Here is how to use LUKE
>>> from textokb import pipeline
# A list of types of entities that I search:
>>> types = [
... "human",
... "person",
... "company",
... "enterprise",
... "business",
... "geographic region",
... "human settlement",
... "geographic entity",
... "territorial entity type",
... "organization",
... ]
>>> device = "cpu" # or device = "cuda" if you do own a gpu.
>>> pipeline = pipeline.TextToKnowledge(key="jueidnxsctiurpwykpumtsntlschpx", types=types, device=device, luke=True)

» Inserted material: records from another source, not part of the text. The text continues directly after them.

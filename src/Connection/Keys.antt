-- ===== src/Connection/Keys.antt =====
-- backend/Connection.cpp: how the content key gets, and does not get, from the leader to the follower.
use openbookfs.Connection.{exchange_keys}
use openbookfs.Connection.Wire.{bind_heard, msg_auth_req}
use openbookfs.Prelude.{
  Bool-cases, inl, inr, ℕ, ◌==◌, ==_iff, ltb, if◌then◌else◌, Bool, true, false, List, [], ◌∷◌, ◌++◌,
  map, ◌≡◌, ◌≢◌, ◌<◌, refl, ap, ◌∙◌, arith, Bool-cases, inl, inr, ge→ltb, some, String, length,
  take, drop,
}
use openbookfs.Marshall.{Byte}
use openbookfs.Connection.Wire.{
  Message, msg_key_exchange, msg_cek, Packet, plain, sealed, Peer, Heard, Talk, heard, failed,
  write_msg, read, same_bytes,
}
use openbookfs.Connection.{
  Crypto, Rsa, blocksize, content_message, key_exchange, send_cek, recv_cek, set_up_keys,
  authenticate_peer, handshake,
}
use openbookfs.Connection.Election.{elect, leader_elect-draws}

pub same_bytes_refl : (xs : List Byte) → same_bytes xs xs ≡ true
unfolding same_bytes
same_bytes_refl [] = refl
same_bytes_refl (x ∷ xs) = rw ((==_iff x x).1 refl, same_bytes_refl xs) refl

-- What AES and CMAC give for a key and a vector of one block each, which GCM takes.
pub record Carries (crypto : Crypto) (kek mack cek iv : List Byte) : Type 0 where
  pub cek_back : crypto.aes_decrypt kek (crypto.aes_encrypt kek cek) ≡ cek
  pub iv_back : crypto.aes_decrypt kek (crypto.aes_encrypt kek iv) ≡ iv
  pub cek_block : length (crypto.aes_encrypt kek cek) ≡ blocksize
  pub iv_block : length (crypto.aes_encrypt kek iv) ≡ blocksize
  pub cmac_block :
      length (crypto.cmac mack (crypto.aes_encrypt kek cek ++ crypto.aes_encrypt kek iv))
      ≡ blocksize
  pub taken : crypto.takes_key cek iv ≡ true

-- Under the same two keys recvCEK reads from the message of sendCEK the key and the vector that sendCEK
-- has chosen, and takes that message and no other from the socket.
pub recv_cek-send_cek :
    (crypto : Crypto) (kek mack cek iv : List Byte) (rest : List Packet) (p q : Peer)
    → Carries crypto kek mack cek iv
    → let packet = plain (content_message crypto kek mack cek iv) in
      (send_cek crypto cek iv (kek, mack) p
        ≡ heard tt
            (record p { cek = cek; iv = iv; aes = some (cek, iv); sent = p.sent ++ packet ∷ [] }))
      × (recv_cek crypto (kek, mack) (record q { incoming = packet ∷ rest })
          ≡ heard tt (record q { cek = cek; iv = iv; incoming = rest }))
unfolding send_cek write_msg recv_cek read
recv_cek-send_cek crypto kek mack cek iv rest p q c =
    let cmac = crypto.cmac mack (crypto.aes_encrypt kek cek ++ crypto.aes_encrypt kek iv) in
    (
      rw (c.taken) refl,
      rw (c.cek_block, c.iv_block, c.cmac_block, same_bytes_refl cmac, c.cek_back, c.iv_back) refl,
    )

-- A content key whose digest is not that of its two parts is refused.
pub recv_cek-tampered :
    (crypto : Crypto) (kek mack key iv cmac : List Byte) (rest : List Packet) (q : Peer)
    → same_bytes (crypto.cmac mack (key ++ iv)) cmac ≡ false
    → (r : Peer) × (recv_cek crypto
          (kek, mack)
          (record q { incoming = plain (msg_cek key iv cmac) ∷ rest })
        ≡ failed r)
unfolding recv_cek read
recv_cek-tampered crypto kek mack key iv cmac rest q h =
    elim (Bool-cases (length key == blocksize)) [
      | inr e ↦ (record q { incoming = rest }, rw (e) refl)
      | inl e ↦ elim (Bool-cases (length iv == blocksize)) [
        | inr f ↦ (record q { incoming = rest }, rw (e, f) refl)
        | inl f ↦ elim (Bool-cases (length cmac == blocksize)) [
          | inr g ↦ (record q { incoming = rest }, rw (e, f, g) refl)
          | inl g ↦ (record q { incoming = rest }, rw (e, f, g, h) refl)
        ]
      ]
    ]

-- What the two sides have after the exchange of keys: GCM takes the leader's new key, or the key that the
-- follower had, or it throws.
abbrev pub keyed : Crypto → Bool → List Byte → List Byte → Message → Peer → Heard (Unit {0})
keyed crypto true cek iv content p =
    if crypto.takes_key cek iv
    then heard tt
        (record p { cek = cek; iv = iv; aes = some (cek, iv); sent = p.sent ++ plain content ∷ [] })
    else failed (record p { cek = cek; iv = iv })
keyed crypto false cek iv content p =
    if crypto.takes_key p.cek p.iv
    then heard tt (record p { aes = some (p.cek, p.iv) })
    else failed p

exchange_keys_lem :
    (crypto : Crypto) (am_leader : Bool) (ekey skey shared cek iv : List Byte) (rest : List Packet)
    (p : Peer)
    → crypto.agree skey ekey ≡ some shared
    → let sent =
        p.sent ++ plain (msg_key_exchange crypto.ephemeral_public crypto.static_public) ∷ [] in
      let content =
        content_message crypto
          (take blocksize shared)
          (take blocksize (drop blocksize shared))
          cek
          iv in
      exchange_keys crypto cek iv am_leader
        (record p { incoming = plain (msg_key_exchange ekey skey) ∷ rest })
      ≡ keyed crypto am_leader cek iv content (record p { incoming = rest; sent = sent })
unfolding key_exchange send_cek write_msg read
exchange_keys_lem crypto true ekey skey shared cek iv rest p agreed =
    elim (Bool-cases (crypto.takes_key cek iv)) [
      | inl e ↦ rw (agreed) (rw (e) refl)
      | inr e ↦ rw (agreed) (rw (e) refl)
    ]
exchange_keys_lem crypto false ekey skey shared cek iv rest p agreed =
    elim (Bool-cases (crypto.takes_key p.cek p.iv)) [
      | inl e ↦ rw (agreed) (rw (e) refl)
      | inr e ↦ rw (agreed) (rw (e) refl)
    ]

-- The two ends of a remote connection after the first part of the handshake.
pub set_up_keys_lem :
    (crypto : Crypto) (same more : List ℕ) (mine theirs : ℕ) (ekey skey shared cek iv : List Byte)
    (rest : List Packet) (p : Peer)
    → mine ≢ theirs
    → crypto.agree skey ekey ≡ some shared
    → let numbers = same ++ mine ∷ more in
      let incoming = map elect same ++ elect theirs ∷ plain (msg_key_exchange ekey skey) ∷ rest in
      let sent =
        (p.sent ++ (map elect same ++ elect mine ∷ []))
        ++ plain (msg_key_exchange crypto.ephemeral_public crypto.static_public) ∷ [] in
      let content =
        content_message crypto
          (take blocksize shared)
          (take blocksize (drop blocksize shared))
          cek
          iv in
      set_up_keys crypto numbers cek iv (record p { incoming = incoming })
      ≡ keyed crypto (ltb theirs mine) cek iv content (record p { incoming = rest; sent = sent })
unfolding set_up_keys
set_up_keys_lem crypto same more mine theirs ekey skey shared cek iv rest p differ agreed =
    let key = plain (msg_key_exchange ekey skey) in
    ap (λ r. bind_heard r (exchange_keys crypto cek iv))
      (leader_elect-draws same more mine theirs (key ∷ rest) p differ)
    ∙ exchange_keys_lem crypto (ltb theirs mine) ekey skey shared cek iv rest
        (record p { sent = p.sent ++ (map elect same ++ elect mine ∷ []) }) agreed

auth_refused :
    (rsa : Rsa) (display_name public_key : String) (challenge : List Byte) (content : Message)
    (rest : List Packet) (key : List Byte × List Byte) (q : Peer)
    → q.is_remote ≡ true
    → authenticate_peer rsa display_name public_key challenge
        (record q { aes = some key; incoming = plain content ∷ rest })
      ≡ failed (record q {
        aes = some key;
        incoming = plain content ∷ rest;
        sent = q.sent ++ sealed key.0 key.1 (msg_auth_req display_name public_key) ∷ [];
      })
unfolding authenticate_peer write_msg read
auth_refused rsa display_name public_key challenge content rest key q remote = rw (remote) refl

handshake_remote :
    (crypto : Crypto) (rsa : Rsa) (display_name public_key : String) (numbers : List ℕ)
    (cek iv challenge : List Byte) (p : Peer)
    → p.is_remote ≡ true
    → handshake crypto rsa display_name public_key numbers cek iv challenge p
      ≡ bind_heard
          (set_up_keys crypto numbers cek iv p)
          (λ _. authenticate_peer rsa display_name public_key challenge)
unfolding handshake
handshake_remote crypto rsa display_name public_key numbers cek iv challenge p remote =
    rw (remote) refl

-- The follower of a remote connection, which has drawn the smaller number, and for which DH2 agrees on a
-- value, keeps the key and the vector it had. If GCM does not take them, its
-- handshake ends with an exception before it reads another packet, and it is left without a new cipher. If
-- GCM takes them, it has a cipher with them; the next packet is the content key of the leader, which is not
-- sealed, and the handshake ends with an exception when it reads that.
pub handshake-follower :
    (crypto : Crypto) (rsa : Rsa) (display_name public_key : String) (same more : List ℕ)
    (mine theirs : ℕ) (ekey skey shared cek iv challenge : List Byte) (content : Message)
    (rest : List Packet) (p : Peer)
    → mine < theirs
    → crypto.agree skey ekey ≡ some shared
    → p.is_remote ≡ true
    → let incoming =
        map elect same
        ++ elect theirs ∷ plain (msg_key_exchange ekey skey) ∷ plain content ∷ rest in
      let sent =
        (p.sent ++ (map elect same ++ elect mine ∷ []))
        ++ plain (msg_key_exchange crypto.ephemeral_public crypto.static_public) ∷ [] in
      let stopped : Peer = record p { incoming = plain content ∷ rest; sent = sent } in
      handshake crypto rsa display_name public_key
        (same ++ mine ∷ more)
        cek
        iv
        challenge
        (record p { incoming = incoming })
      ≡ failed (
          if crypto.takes_key p.cek p.iv
          then record stopped {
            aes = some (p.cek, p.iv);
            sent = sent ++ sealed p.cek p.iv (msg_auth_req display_name public_key) ∷ [];
          }
          else stopped)
handshake-follower crypto rsa display_name public_key same more mine theirs ekey skey shared cek iv
      challenge content rest p less agreed remote =
    let key = plain (msg_key_exchange ekey skey) in
    let k : Talk (String × String) = authenticate_peer rsa display_name public_key challenge in
    let start : Peer = record p {
      incoming = map elect same ++ elect theirs ∷ key ∷ plain content ∷ rest;
    } in
    let sent =
      (p.sent ++ (map elect same ++ elect mine ∷ []))
      ++ plain (msg_key_exchange crypto.ephemeral_public crypto.static_public) ∷ [] in
    let stopped : Peer = record p { incoming = plain content ∷ rest; sent = sent } in
    let message =
      content_message crypto (take blocksize shared) (take blocksize (drop blocksize shared)) cek
        iv in
    let keys : set_up_keys crypto (same ++ mine ∷ more) cek iv start
        ≡ keyed crypto false cek iv message stopped =
      set_up_keys_lem crypto same more mine theirs ekey skey shared cek iv (plain content ∷ rest) p
        (λ e. omega arith) agreed
      ∙ ap (λ b. keyed crypto b cek iv message stopped) (ge→ltb theirs mine (omega arith)) in
    handshake_remote crypto rsa display_name public_key (same ++ mine ∷ more) cek iv challenge start
      remote
    ∙ ap (λ r. bind_heard r (λ _. k)) keys
    ∙ elim (Bool-cases (crypto.takes_key p.cek p.iv)) [
      | inl e ↦ rw (e) (
          auth_refused rsa display_name public_key challenge content rest (p.cek, p.iv) stopped
            remote)
      | inr e ↦ rw (e) refl
    ]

>>> text = """Elon Musk is a business magnate, industrial designer, and engineer. He is the founder,
... CEO, CTO, and chief designer of SpaceX. He is also early investor, CEO, and product architect of
... Tesla, Inc. He is also the founder of The Boring Company and the co-founder of Neuralink. A
... centibillionaire, Musk became the richest person in the world in January 2021, with an estimated
... net worth of $185 billion at the time, surpassing Jeff Bezos. Musk was born to a Canadian mother
... and South African father and raised in Pretoria, South Africa. He briefly attended the University
... of Pretoria before moving to Canada aged 17 to attend Queen's University. He transferred to the
... University of Pennsylvania two years later, where he received dual bachelor's degrees in economics
... and physics. He moved to California in 1995 to attend Stanford University, but decided instead to
... pursue a business career. He went on co-founding a web software company Zip2 with his brother
... Kimbal Musk."""
>>> pipeline.process_sentence(text = text)
head relation tail score
0 Elon Musk per:siblings Kimbal Musk 10.436224
1 Kimbal Musk per:siblings Elon Musk 10.040980
2 Elon Musk per:schools_attended University of Pennsylvania 9.808870
3 The Boring Company org:founded_by Elon Musk 8.823962
4 Elon Musk per:employee_of Tesla, Inc. 8.245111
5 SpaceX org:founded_by Elon Musk 7.795369
6 Elon Musk per:employee_of SpaceX 7.765485
7 Elon Musk per:employee_of The Boring Company 7.217330
8 Tesla, Inc. org:founded_by Elon Musk 7.002990
Here is the list of available relations using Luke studio-ousia/luke-large-finetuned-tacred
:
[
'no_relation',
'org:alternate_names',
'org:city_of_headquarters',
'org:country_of_headquarters',
'org:dissolved',
'org:founded',
'org:founded_by',
'org:member_of',
'org:members',
'org:number_of_employees/members',
'org:parents',
'org:political/religious_affiliation',
'org:shareholders',
'org:stateorprovince_of_headquarters',
'org:subsidiaries',
'org:top_members/employees',
'org:website',
'per:age',
'per:alternate_names',
'per:cause_of_death',
'per:charges',
'per:children',
'per:cities_of_residence',
'per:city_of_birth',
'per:city_of_death',
'per:countries_of_residence',
'per:country_of_birth',
'per:country_of_death',
'per:date_of_birth',
'per:date_of_death',
'per:employee_of',
'per:origin',
'per:other_family',
'per:parents',
'per:religion',
'per:schools_attended',
'per:siblings',
'per:spouse',
'per:stateorprovince_of_birth',
'per:stateorprovince_of_death',
'per:stateorprovinces_of_residence',
'per:title'
]
Notes
The first time you initialize the model with Opennre or Luke, you may have to wait a few minutes for the model to download. Since we use the Wikifier API to track entities (NEL), it is necessary that your computer is connected to the internet. You can create your own credential for the API here: Wikifier API registration. Tomaz Bratanic mentions the possibility to replace Wikifier with BLINK however this library is very RAM intensive.
♻️
Work in progress
I failed to use the wiki80_bert_softmax
model from Opennre due to a pre-trained model loading error (i.e. Tensorflow errors on Mac M1). I used the lighter model wiki80_cnn_softmax
when reproducing Tomaz Bratanic's blog post. It would be interesting to be able to easily add different models and especially transformers. The API I used are not optimized for batch predictions. There are a lot of room for improvement by simply updating Opennre and Luke APIs.